● **Exercise directions**:
If a line in the records below contains "none", copy that line.

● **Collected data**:
--- START ---

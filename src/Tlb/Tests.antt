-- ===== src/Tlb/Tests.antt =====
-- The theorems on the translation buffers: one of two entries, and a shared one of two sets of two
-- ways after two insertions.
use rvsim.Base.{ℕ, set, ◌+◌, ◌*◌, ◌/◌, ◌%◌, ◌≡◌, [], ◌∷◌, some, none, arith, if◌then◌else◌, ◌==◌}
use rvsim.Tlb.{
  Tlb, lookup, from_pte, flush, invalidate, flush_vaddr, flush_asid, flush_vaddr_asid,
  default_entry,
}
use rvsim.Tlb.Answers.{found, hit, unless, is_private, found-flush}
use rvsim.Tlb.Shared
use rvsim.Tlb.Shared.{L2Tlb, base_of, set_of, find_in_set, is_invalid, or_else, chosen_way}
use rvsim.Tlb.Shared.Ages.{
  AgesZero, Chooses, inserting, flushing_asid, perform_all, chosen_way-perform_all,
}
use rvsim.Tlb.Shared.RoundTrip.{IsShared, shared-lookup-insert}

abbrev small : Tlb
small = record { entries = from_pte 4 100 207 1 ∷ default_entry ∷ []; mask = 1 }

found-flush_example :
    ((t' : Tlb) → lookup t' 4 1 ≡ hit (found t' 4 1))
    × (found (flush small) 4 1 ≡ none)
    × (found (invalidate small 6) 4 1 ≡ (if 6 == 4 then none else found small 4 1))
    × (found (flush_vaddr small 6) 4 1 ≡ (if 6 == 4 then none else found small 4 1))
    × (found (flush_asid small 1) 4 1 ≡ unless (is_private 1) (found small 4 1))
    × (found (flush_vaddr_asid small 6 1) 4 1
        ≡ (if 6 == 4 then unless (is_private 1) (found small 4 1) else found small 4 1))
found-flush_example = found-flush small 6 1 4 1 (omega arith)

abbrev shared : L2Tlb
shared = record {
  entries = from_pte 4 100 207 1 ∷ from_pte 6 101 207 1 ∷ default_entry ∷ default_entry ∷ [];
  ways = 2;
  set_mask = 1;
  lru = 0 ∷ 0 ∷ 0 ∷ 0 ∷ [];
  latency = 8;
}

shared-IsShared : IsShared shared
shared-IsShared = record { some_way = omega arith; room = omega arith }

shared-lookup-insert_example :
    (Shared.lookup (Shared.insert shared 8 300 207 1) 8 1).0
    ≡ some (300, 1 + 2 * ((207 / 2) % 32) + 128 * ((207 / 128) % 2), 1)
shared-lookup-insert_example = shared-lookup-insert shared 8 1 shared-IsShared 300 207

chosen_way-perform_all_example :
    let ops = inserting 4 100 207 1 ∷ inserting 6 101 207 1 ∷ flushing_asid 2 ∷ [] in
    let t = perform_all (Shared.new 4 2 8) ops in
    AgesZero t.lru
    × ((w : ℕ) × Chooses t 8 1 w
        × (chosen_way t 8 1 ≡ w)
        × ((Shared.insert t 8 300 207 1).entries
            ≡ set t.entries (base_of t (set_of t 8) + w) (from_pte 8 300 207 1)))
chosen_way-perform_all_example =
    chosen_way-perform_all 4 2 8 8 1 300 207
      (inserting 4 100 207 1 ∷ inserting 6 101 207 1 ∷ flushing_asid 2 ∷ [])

--- END ---

● **Written response**:
use rvsim.Base.{ℕ, set, ◌+◌, ◌*◌, ◌/◌, ◌%◌, ◌≡◌, [], ◌∷◌, some, none, arith, if◌then◌else◌, ◌==◌}
    × (found (flush small) 4 1 ≡ none)
    × (found (invalidate small 6) 4 1 ≡ (if 6 == 4 then none else found small 4 1))
    × (found (flush_vaddr small 6) 4 1 ≡ (if 6 == 4 then none else found small 4 1))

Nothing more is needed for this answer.